=== WHAT THE EXERCISE ASKS ===
Please count the lines in the data below that hold the word "false", and give only the number.

=== EXCERPTED DATA ===
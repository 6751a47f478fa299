-- ===== src/Protocol/Receive.antt =====
-- What `Package_receive` accepts.
use dcn1003_group.Base.{
  ℕ, ◌≤◌, ◌≡◌, refl, true, false, some, ◌++◌, arith, bytes_eq_iff, Bytes, is_empty, length,
}
use dcn1003_group.Error.{ErrorCode, ErrorInfo, is_success}
use dcn1003_group.Dispatch.{MsgBody}
use dcn1003_group.Platform.{Platform, Stream, IsOpen}
use dcn1003_group.Socket.{socket_recv}
use dcn1003_group.Socket.Receive.{socket_recv_front}
use dcn1003_group.Crypto.{key_size, aes_decrypt, compute_hmac}
use dcn1003_group.Protocol.Header.{FitsHeader, header_of-header_bytes, length-header_bytes}
use dcn1003_group.Protocol.{
  MsgHeader, Process, header_size, max_body, app_version, header_bytes, header_of, open_frame,
  receive_body, package_receive,
}

module _ (p : Platform) where
  -- The message came out of the frame: its MAC under the key is the header's, and it parses.
  pub record Authentic (key : Bytes) (header : MsgHeader) (buffer : Bytes) (msg : MsgBody)
      : Type 0 where
    pub filled : is_empty (aes_decrypt p buffer key header.iv) ≡ false
    pub mac_size : length (p.mac key (aes_decrypt p buffer key header.iv)) ≡ key_size
    pub mac : p.mac key (aes_decrypt p buffer key header.iv) ≡ header.mac
    pub parsed : p.parse (aes_decrypt p buffer key header.iv) ≡ some msg

  -- `open_frame` yields a message only from a frame whose MAC is right.
  pub open_frame-Authentic :
      (key : Bytes) (header : MsgHeader) (buffer : Bytes) (msg : MsgBody)
      → (open_frame p key header buffer).1 ≡ some msg
      → Authentic key header buffer msg
  unfolding open_frame compute_hmac
  open_frame-Authentic key header buffer msg h =
      ground (arith, bytes_eq_iff (p.mac key (aes_decrypt p buffer key header.iv)) header.mac)

module _ (p : Platform) (s : ℕ) where
  -- What stands behind a message that `Package_receive` hands over.
  pub record Accepted (h : Process p) (msg : MsgBody) : Type 0 where
    pub header : MsgHeader
    pub buffer : Bytes
    pub read : header ≡ header_of (socket_recv p s header_size h.net).1
    pub version : header.version ≡ app_version
    pub not_empty : 1 ≤ header.body_len
    pub bounded : header.body_len ≤ max_body
    pub body : buffer ≡ (socket_recv p s header.body_len (socket_recv p s header_size h.net).2).1
    pub authentic : Authentic p h.key header buffer msg

  header_received :
      (h : Process p) (msg : MsgBody)
      → (package_receive p s h).1 ≡ some msg
      → (receive_body p s
          (header_of (socket_recv p s header_size h.net).1)
          (record h { net = (socket_recv p s header_size h.net).2 })).1
        ≡ some msg
  unfolding package_receive
  header_received h msg got = ground arith

  body_received :
      (header : MsgHeader) (h : Process p) (msg : MsgBody)
      → (receive_body p s header h).1 ≡ some msg
      → (header.version ≡ app_version)
        × (1 ≤ header.body_len)
        × (header.body_len ≤ max_body)
        × ((open_frame p h.key header (socket_recv p s header.body_len h.net).1).1 ≡ some msg)
  unfolding receive_body
  body_received header h msg got = ground arith

  -- A message is handed over only if the header has the program's version and a body length between 1
  -- and 16 MiB, and the decrypted body has the header's MAC under the process's key and parses to the
  -- message.
  pub package_receive-Accepted :
      (h : Process p) (msg : MsgBody) → (package_receive p s h).1 ≡ some msg → Accepted h msg
  package_receive-Accepted h msg got =
      let n = (socket_recv p s header_size h.net).2 in
      let header = header_of (socket_recv p s header_size h.net).1 in
      let (same_version, low, high, opened) =
        body_received header (record h { net = n }) msg (header_received h msg got) in
      record {
        header = header;
        buffer = (socket_recv p s header.body_len n).1;
        read = refl;
        version = same_version;
        not_empty = low;
        bounded = high;
        body = refl;
        authentic =
            open_frame-Authentic p h.key header (socket_recv p s header.body_len n).1 msg opened;
      }

module _ (p : Platform) (s : ℕ) (stream : Stream p s) (link : IsOpen p s stream) where
  receive_body_front :
      (header : MsgHeader) (buffer rest : Bytes) (h : Process p)
      → header.version ≡ app_version
      → length buffer ≡ header.body_len
      → 1 ≤ header.body_len
      → header.body_len ≤ max_body
      → stream.coming h.net ≡ buffer ++ rest
      → ((receive_body p s header h).0 ≡ (open_frame p h.key header buffer).0)
        × ((receive_body p s header h).1 ≡ (open_frame p h.key header buffer).1)
        × (stream.coming (receive_body p s header h).2.net ≡ rest)
  unfolding receive_body
  receive_body_front header buffer rest h v size low high e =
      let (ok, got, left) =
        socket_recv_front p s stream link header.body_len h.net buffer rest (omega arith) size e in
      ground arith

  -- A frame at the front of the stream, whose header has its sizes and is within the limits, is
  -- opened, and exactly the frame is taken from the stream.
  pub package_receive_front :
      (header : MsgHeader) (buffer rest : Bytes) (h : Process p)
      → FitsHeader header
      → header.version ≡ app_version
      → length buffer ≡ header.body_len
      → 1 ≤ header.body_len
      → header.body_len ≤ max_body
      → stream.coming h.net ≡ header_bytes header ++ (buffer ++ rest)
      → ((package_receive p s h).0 ≡ (open_frame p h.key header buffer).0)
        × ((package_receive p s h).1 ≡ (open_frame p h.key header buffer).1)
        × (stream.coming (package_receive p s h).2.net ≡ rest)
  unfolding package_receive
  package_receive_front header buffer rest h fits v size low high e =
      let (ok, got, left) =
        socket_recv_front p s stream link header_size h.net (header_bytes header) (buffer ++ rest)
          (omega arith) (length-header_bytes header fits) e in
      let h' = record h { net = (socket_recv p s header_size h.net).2 } in
      rw
        (
          success_of (socket_recv p s header_size h.net).0 ok,
          got,
          header_of-header_bytes header fits,
        )
        (receive_body_front header buffer rest h' v size low high left)
    where
      success_of : (err : ErrorInfo) → err.e ≡ ErrorCode.success → is_success err ≡ true
      success_of err e = ground arith
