-- ===== src/Protocol/RoundTrip.antt =====
-- A message that `Package_send` sent is the one that `Package_receive` at the other end returns.
use dcn1003_group.Base.{
  ℕ, ◌≤◌, ◌<◌, ◌^◌, ◌≡◌, ◌≢◌, refl, sym, ap, ◌∙◌, false, some, [], ◌∷◌, ◌++◌, append_assoc, arith,
  Bytes, is_empty, length, append_split, Option,
}
use dcn1003_group.Error.{ErrorCode, ErrorInfo, no_error}
use dcn1003_group.Dispatch.{Payload, MsgBody}
use dcn1003_group.Platform.{Platform, Stream, IsOpen, Serializes, Ciphers, FitsWire}
use dcn1003_group.Protocol.{
  Process, max_body, header_bytes, load_key, key_loaded, stamped, counted, new_body, send_data,
  send_body, package_send_fields, package_receive, open_frame, parsed,
}
use dcn1003_group.Protocol.Header.{length-header_bytes}
use dcn1003_group.Protocol.Seal.{
  ciphertext_of, header_of_text, send_data-Sealed, header_of_text-FitsHeader, open_frame-Sealed,
  send_frame_queues,
}
use dcn1003_group.Protocol.Receive.{package_receive_front}

not_empty_length : (b : Bytes) → is_empty b ≡ false → 1 ≤ length b
unfolding is_empty
not_empty_length [] h = cc
not_empty_length (x ∷ b) h = omega arith

ne_nil_not_empty : (b : Bytes) → b ≢ [] → is_empty b ≡ false
unfolding is_empty
ne_nil_not_empty [] h = absurd (h refl)
ne_nil_not_empty (x ∷ b) h = refl

-- Two ends of a connection over one library: the sender's socket and the receiver's.
module _ (p : Platform) (serializes : Serializes p) (ciphers : Ciphers p) (s r : ℕ)
    (out : Stream p s) (incoming : Stream p r) (link : IsOpen p r incoming) where
  -- What a successful `send_data` of a serialized message has queued is received as that message.
  delivered :
      (msg : MsgBody) (h h' : Process p) (frame rest : Bytes)
      → FitsWire msg
      → length (ciphertext_of p (p.serialize msg) h) ≤ max_body
      → (send_data p s (p.serialize msg) h).0.e ≡ ErrorCode.success
      → out.sent (send_data p s (p.serialize msg) h).1.net ≡ out.sent h.net ++ frame
      → incoming.coming h'.net ≡ frame ++ rest
      → h'.key ≡ h.key
      → ((package_receive p r h').0 ≡ no_error)
        × ((package_receive p r h').1 ≡ some msg)
        × (incoming.coming (package_receive p r h').2.net ≡ rest)
  delivered msg h h' frame rest fits small ok queued front same_key =
      let text = p.serialize msg in
      let ct = ciphertext_of p text h in
      let header = header_of_text p text h in
      let sealed = send_data-Sealed p s text h ok in
      let sized = header_of_text-FitsHeader p s ciphers text h sealed in
      let filled = ne_nil_not_empty text (serializes.not_empty msg) in
      let len_eq : header.body_len ≡ length ct = omega arith in
      let queued' =
        send_frame_queues p s out header ct (record h { rng = (p.rand_bytes 16 h.rng).2 })
          (rw (length-header_bytes header sized) (omega arith)) (omega arith)
          (rw sealed.framed at ok) in
      let frame_eq : frame ≡ header_bytes header ++ ct =
        (append_split (out.sent h.net) frame (out.sent h.net) (header_bytes header ++ ct) refl
          (sym queued ∙ (rw (← sealed.framed) at queued'))).1 in
      let (got, body, left) =
        package_receive_front p r incoming link header ct rest h' sized refl (sym len_eq)
          (rw len_eq (not_empty_length ct sealed.encrypted)) (rw len_eq small)
          (front
            ∙ ap (λ (b : Bytes). b ++ rest) frame_eq
            ∙ append_assoc (header_bytes header) ct rest) in
      let opened : open_frame p h'.key header ct ≡ (no_error, some msg) = rw same_key (
        open_frame-Sealed p s ciphers text h sealed filled
        ∙ ap (parsed) (serializes.parses msg fits)) in
      (
        got ∙ ap (λ (x : ErrorInfo × Option MsgBody). x.0) opened,
        body ∙ ap (λ (x : ErrorInfo × Option MsgBody). x.1) opened,
        left,
      )

  load_key-net : (h : Process p) → (load_key p h).1.net ≡ h.net
  unfolding load_key
  load_key-net h = ground arith

  -- The state in which `send_body` seals its message: the key is loaded, the counter has moved on.
  abbrev ready : Process p → Process p
  ready h = counted p (load_key p h).1

  -- The length of the encrypted body of a message that is sent in this state.
  abbrev pub wire_size : Payload → ℕ → Process p → ℕ
  wire_size fields cmd h =
      length
        (ciphertext_of p (p.serialize (stamped p (new_body cmd fields) (load_key p h).1)) (ready h))

  load_key-req_id : (h : Process p) → (load_key p h).1.req_id ≡ h.req_id
  unfolding load_key
  load_key-req_id h = ground arith

  key_loaded_success :
      (body : MsgBody) (r : ErrorInfo × Process p)
      → (key_loaded p s body r).0.e ≡ ErrorCode.success
      → key_loaded p s body r ≡ send_data p s (p.serialize (stamped p body r.1)) (counted p r.1)
  key_loaded_success body r ok = ground arith

  -- The fields of a successful `Package_send`, with the command, the request counter and the time of
  -- the sender, are what `Package_receive` at the other end returns, and exactly the bytes that the
  -- send queued are taken from the stream. The ends share the key, the message's numbers fit 32 bits,
  -- and the ciphertext is at most 16 MiB.
  pub package_receive-package_send :
      (fields : Payload) (cmd : ℕ) (h h' : Process p) (frame rest : Bytes)
      → cmd < 2 ^ 32
      → h.req_id < 2 ^ 32
      → wire_size fields cmd h ≤ max_body
      → (package_send_fields p s fields cmd h).0.e ≡ ErrorCode.success
      → out.sent (package_send_fields p s fields cmd h).1.net ≡ out.sent h.net ++ frame
      → incoming.coming h'.net ≡ frame ++ rest
      → h'.key ≡ (load_key p h).1.key
      → ((package_receive p r h').0 ≡ no_error)
        × ((package_receive p r h').1 ≡ some (stamped p (new_body cmd fields) (load_key p h).1))
        × (incoming.coming (package_receive p r h').2.net ≡ rest)
  unfolding package_send_fields send_body
  package_receive-package_send fields cmd h h' frame rest c q small ok queued front same_key =
      let body = new_body cmd fields in
      let same = key_loaded_success body (load_key p h) ok in
      delivered (stamped p body (load_key p h).1) (ready h) h' frame rest
        (c, rw (load_key-req_id h) q, omega arith) small
        (ap (λ (x : ErrorInfo × Process p). x.0.e) (sym same) ∙ ok)
        (ap (λ (x : ErrorInfo × Process p). out.sent x.1.net) (sym same)
          ∙ queued
          ∙ ap (λ n. out.sent n ++ frame) (sym (load_key-net h)))
        front same_key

=== FINISHED EXERCISE ===
5